Every line below that holds the string "same" must be copied.

[[ SOURCE INFORMATION open ]]

-- ===== src/Rpg/Saves/Filling.antt =====
-- The end of `read` of demo-rpg/src/save_manager.cpp: the items of the save go to the locations of a
-- world whose locations are those of the world that was written.
use c_book.Prelude.{
  ℕ, ◌≡◌, refl, ap, ◌∙◌, sym, subst, true, false, List, [], ◌∷◌, ◌++◌, append_assoc, append-nil,
  none, some, Option-cases, All, bytes_eq, bytes_eq_refl, bytes_eq_iff, Bool-cases, inl, inr,
  if◌then◌else◌, arith, ok, throw,
}
use c_book.Prelude.Tables.{Table, find_key, assign}
use c_book.Rpg.Items.{Item, Inventory, add}
use c_book.Rpg.Places.{Location, World, find_location}
use c_book.Rpg.Saves.Writing.{unknown_location}
use c_book.Rpg.Saves.Reading.{push_item, add_items, clear_world, fill_world, check_locations}
use c_book.Rpg.Saves.Lines.{push_items, push_world, IsPlace}

bytes_eq_sym : (x y : List ℕ) → bytes_eq x y ≡ false → bytes_eq y x ≡ false
bytes_eq_sym x y h = elim (Bool-cases (bytes_eq y x)) [
  | inl same ↦
      let e : bytes_eq x y ≡ true = ap (bytes_eq x) ((bytes_eq_iff y x).0 same) ∙ bytes_eq_refl x in
      absurd cc
  | inr e ↦ e
]

module _ {V : Type 0} where
  -- No entry has the key.
  abbrev pub IsNew : List ℕ → Table V → Type 0
  IsNew k t = find_key k t ≡ none

  abbrev pub AreDistinct : Table V → Type 0
  AreDistinct [] = Unit
  AreDistinct ((k, v) ∷ t) = IsNew k t × AreDistinct t

  find_key-append :
      (k : List ℕ) (v : V) (t rest : Table V) → IsNew k t → find_key k (t ++ (k, v) ∷ rest) ≡ some v
  find_key-append k v [] rest h = rw (bytes_eq_refl k) refl
  find_key-append k v ((j, x) ∷ t) rest h = ground (arith, find_key-append k v t rest)

  assign-append :
      (k : List ℕ) (v x : V) (t rest : Table V)
      → IsNew k t
      → assign k v (t ++ (k, x) ∷ rest) ≡ t ++ (k, v) ∷ rest
  assign-append k v x [] rest h = rw (bytes_eq_refl k) refl
  assign-append k v x ((j, y) ∷ t) rest h = ground (arith, assign-append k v x t rest)

  pub assign-new : (k : List ℕ) (v : V) (t : Table V) → IsNew k t → assign k v t ≡ t ++ (k, v) ∷ []
  assign-new k v [] h = refl
  assign-new k v ((j, y) ∷ t) h = ground (arith, assign-new k v t)

  pub IsNew-append :
      (k j : List ℕ) (v : V) (t : Table V)
      → IsNew k t
      → bytes_eq j k ≡ false
      → IsNew k (t ++ (j, v) ∷ [])
  IsNew-append k j v [] h e = rw e refl
  IsNew-append k j v ((i, y) ∷ t) h e = ground (arith, IsNew-append k j v t)

  pub new-differs : (k : List ℕ) (t : Table V) → IsNew k t → All (λ c. bytes_eq k c.0 ≡ false) t
  new-differs k [] h = tt
  new-differs k ((j, v) ∷ t) h = elim (Bool-cases (bytes_eq j k)) [
    | inl e ↦ absurd (some_none v (subst (λ b. (if b then some v else find_key k t) ≡ none) e h))
    | inr e ↦ (
      bytes_eq_sym j k e,
      new-differs k t (subst (λ b. (if b then some v else find_key k t) ≡ none) e h),
    )
  ]
    where
      some_none : (v : V) → ¬ (some v ≡ none)
      some_none v e = cc

-- The entries for the locations that have items.
abbrev pub kept_place : List ℕ → Inventory → Table Inventory → Table Inventory
kept_place id [] rest = rest
kept_place id (i ∷ items) rest = (id, i ∷ items) ∷ rest

abbrev pub kept : World → Table Inventory
kept [] = []
kept ((key, l) ∷ w) = kept_place l.id l.items (kept w)

push_items-append :
    (id : List ℕ) (items js : Inventory) (t : Table Inventory)
    → IsNew id t
    → push_items id items (t ++ (id, js) ∷ []) ≡ t ++ (id, js ++ items) ∷ []
unfolding push_item
push_items-append id [] js t h = ap (λ l. t ++ (id, l) ∷ []) (sym (append-nil js))
push_items-append id (i ∷ items) js t h =
    ap (push_items id items) (
      ap (λ o. assign id ((elim o [ none ↦ [] | some l ↦ l ]) ++ i ∷ []) (t ++ (id, js) ∷ []))
        (find_key-append id js t [] h)
      ∙ assign-append id (js ++ i ∷ []) js t [] h)
    ∙ push_items-append id items (js ++ i ∷ []) t h
    ∙ ap (λ l. t ++ (id, l) ∷ []) (append_assoc js (i ∷ []) items)

push_items-new :
    (id : List ℕ) (i : Item) (items : Inventory) (t : Table Inventory)
    → IsNew id t
    → push_items id (i ∷ items) t ≡ t ++ (id, i ∷ items) ∷ []
unfolding push_item
push_items-new id i items t h =
    ap (push_items id items) (
      ap (λ o. assign id ((elim o [ none ↦ [] | some l ↦ l ]) ++ i ∷ []) t) h
      ∙ assign-new id (i ∷ []) t h)
    ∙ push_items-append id items (i ∷ []) t h

-- Whose keys are new to a table.
abbrev AreNew : {V : Type 0} → World → Table V → Type 0
AreNew w t = All (λ c. IsNew c.0 t) w

news-append :
    {V : Type 0} (k : List ℕ) (v : V) (w : World) (t : Table V)
    → AreNew w t
    → All (λ c. bytes_eq k c.0 ≡ false) w
    → AreNew w (t ++ (k, v) ∷ [])
news-append k v [] t h e = tt
news-append k v ((j, l) ∷ w) t h e = (IsNew-append j k v t h.0 e.0, news-append k v w t h.1 e.1)

push_world-place :
    (id : List ℕ) (items : Inventory) (w : World) (t : Table Inventory)
    → IsNew id t
    → IsNew id w
    → AreNew w t
    → ((t' : Table Inventory) → AreNew w t' → push_world w t' ≡ t' ++ kept w)
    → push_world w (push_items id items t) ≡ t ++ kept_place id items (kept w)
push_world-place id [] w t a b n ih = ih t n
push_world-place id (i ∷ items) w t a b n ih =
    ap (push_world w) (push_items-new id i items t a)
    ∙ ih (t ++ (id, i ∷ items) ∷ []) (news-append id (i ∷ items) w t n (new-differs id w b))
    ∙ append_assoc t ((id, i ∷ items) ∷ []) (kept w)

pub push_world-kept :
    (w : World) (t : Table Inventory)
    → All IsPlace w
    → AreDistinct w
    → AreNew w t
    → push_world w t ≡ t ++ kept w
push_world-kept [] t p d n = sym (append-nil t)
push_world-kept ((key, l) ∷ w) t p d n =
    push_world-place l.id l.items w t (subst (λ k. IsNew k t) p.0.0 n.0)
      (subst (λ k. IsNew k w) p.0.0 d.0) n.1 (λ t' m. push_world-kept w t' p.1 d.1 m)

pub add_items-append : (items more : Inventory) → add_items more items ≡ items ++ more
unfolding add_items add
add_items-append items [] = sym (append-nil items)
add_items-append items (i ∷ more) =
    add_items-append (items ++ i ∷ []) more ∙ append_assoc items (i ∷ []) more

abbrev cleared : Location → Location
cleared l = record l { items = [] }

fill_place :
    (l : Location) (items : Inventory) (w before : World) (rest : Table Inventory)
    → l.items ≡ items
    → IsNew l.id before
    → fill_world (kept_place l.id items rest) (before ++ (l.id, cleared l) ∷ clear_world w)
      ≡ fill_world rest (before ++ (l.id, l) ∷ clear_world w)
unfolding fill_world find_location
fill_place l [] w before rest e n =
    ap (λ x. fill_world rest (before ++ (l.id, record l { items = x }) ∷ clear_world w)) (sym e)
fill_place l (i ∷ items) w before rest e n =
    let more = i ∷ items in
    ap (fill_world rest) (
      ap
        (λ o. elim o [
          | none ↦ before ++ (l.id, cleared l) ∷ clear_world w
          | some x ↦
              assign l.id (record x { items = add_items more x.items })
                (before ++ (l.id, cleared l) ∷ clear_world w)
        ])
        (find_key-append l.id (cleared l) before (clear_world w) n)
      ∙ assign-append l.id _ (cleared l) before (clear_world w) n
      ∙ ap (λ x. before ++ (l.id, record l { items = x }) ∷ clear_world w)
          (add_items-append [] more ∙ sym e))

fill_world-before :
    (w before : World)
    → All IsPlace w
    → AreDistinct w
    → AreNew w before
    → fill_world (kept w) (before ++ clear_world w) ≡ before ++ w
unfolding fill_world clear_world
fill_world-before [] before p d n = refl
fill_world-before ((key, l) ∷ w) before p d n =
    let id : key ≡ l.id = p.0.0 in
    ap
      (λ k.
        fill_world (kept_place l.id l.items (kept w)) (before ++ (k, cleared l) ∷ clear_world w))
      id
    ∙ fill_place l l.items w before (kept w) refl (subst (λ k. IsNew k before) id n.0)
    ∙ ap (fill_world (kept w)) (sym (append_assoc before ((l.id, l) ∷ []) (clear_world w)))
    ∙ fill_world-before w (before ++ (l.id, l) ∷ []) p.1 d.1
        (news-append l.id l w before n.1 (new-differs l.id w (subst (λ k. IsNew k w) id d.0)))
    ∙ append_assoc before ((l.id, l) ∷ []) w
    ∙ ap (λ k. before ++ (k, l) ∷ w) (sym id)

-- The locations take the items that they had when they were written.
pub fill_world-clear_world :
    (w : World) → All IsPlace w → AreDistinct w → fill_world (kept w) (clear_world w) ≡ w
fill_world-clear_world w p d = fill_world-before w [] p d (none_new w)
  where
    none_new : (w : World) → All (λ c. IsNew {V = Location} c.0 []) w
    none_new [] = tt
    none_new (c ∷ w) = (refl, none_new w)

abbrev pub IsFound : List ℕ → World → Type 0
IsFound id w = (l : Location) × (find_key id w ≡ some l)

found-clear :
    (id : List ℕ) (w : World)
    → find_key id (clear_world w)
      ≡ (elim (find_key id w) [ none ↦ none | some l ↦ some (cleared l) ])
unfolding clear_world
found-clear id [] = refl
found-clear id ((key, l) ∷ w) = ground (arith, found-clear id w)

-- What one of two worlds with the same locations has, the other has.
pub found-other :
    (id : List ℕ) (w o : World) → clear_world w ≡ clear_world o → IsFound id w → IsFound id o
found-other id w o e (l, f) = elim (Option-cases (find_key id o)) [
  | inl missing ↦ let x = found-clear id w in let y = found-clear id o in absurd (ground (arith, e))
  | inr found ↦ found
]

check_place :
    (o : World) (id : List ℕ) (items : Inventory) (rest : Table Inventory)
    → IsFound id o
    → check_locations o rest ≡ ok tt
    → check_locations o (kept_place id items rest) ≡ ok tt
unfolding check_locations find_location
check_place o id [] rest f e = e
check_place o id (i ∷ items) rest (l, f) e =
    ap (λ x. elim x [ none ↦ throw unknown_location | some l ↦ check_locations o rest ]) f ∙ e

pub check_locations-kept :
    (o w : World) → All (λ c. IsFound c.1.id o) w → check_locations o (kept w) ≡ ok tt
unfolding check_locations
check_locations-kept o [] f = refl
check_locations-kept o ((key, l) ∷ w) f =
    check_place o l.id l.items (kept w) f.0 (check_locations-kept o w f.1)

found-before :
    (w before : World)
    → All IsPlace w
    → AreDistinct w
    → AreNew w before
    → All (λ c. IsFound c.1.id (before ++ w)) w
found-before [] before p d n = tt
found-before ((key, l) ∷ w) before p d n =
    let id : key ≡ l.id = p.0.0 in
    (
      subst (λ k. IsFound k (before ++ (key, l) ∷ w)) id (l, find_key-append key l before w n.0),
      subst (λ v. All (λ c. IsFound c.1.id v) w) (append_assoc before ((key, l) ∷ []) w)
          (found-before w (before ++ (key, l) ∷ []) p.1 d.1
            (news-append key l w before n.1 (new-differs key w d.0))),
    )

pub all_found : (w : World) → All IsPlace w → AreDistinct w → All (λ c. IsFound c.1.id w) w
all_found w p d = found-before w [] p d (none_new w)
  where
    none_new : (w : World) → All (λ c. IsNew {V = Location} c.0 []) w
    none_new [] = tt
    none_new (c ∷ w) = (refl, none_new w)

[[ SOURCE INFORMATION closed ]]

▶ [RESULT OF THE TASK]
  | inl same ↦
      let e : bytes_eq x y ≡ true = ap (bytes_eq x) ((bytes_eq_iff y x).0 same) ∙ bytes_eq_refl x in
-- What one of two worlds with the same locations has, the other has.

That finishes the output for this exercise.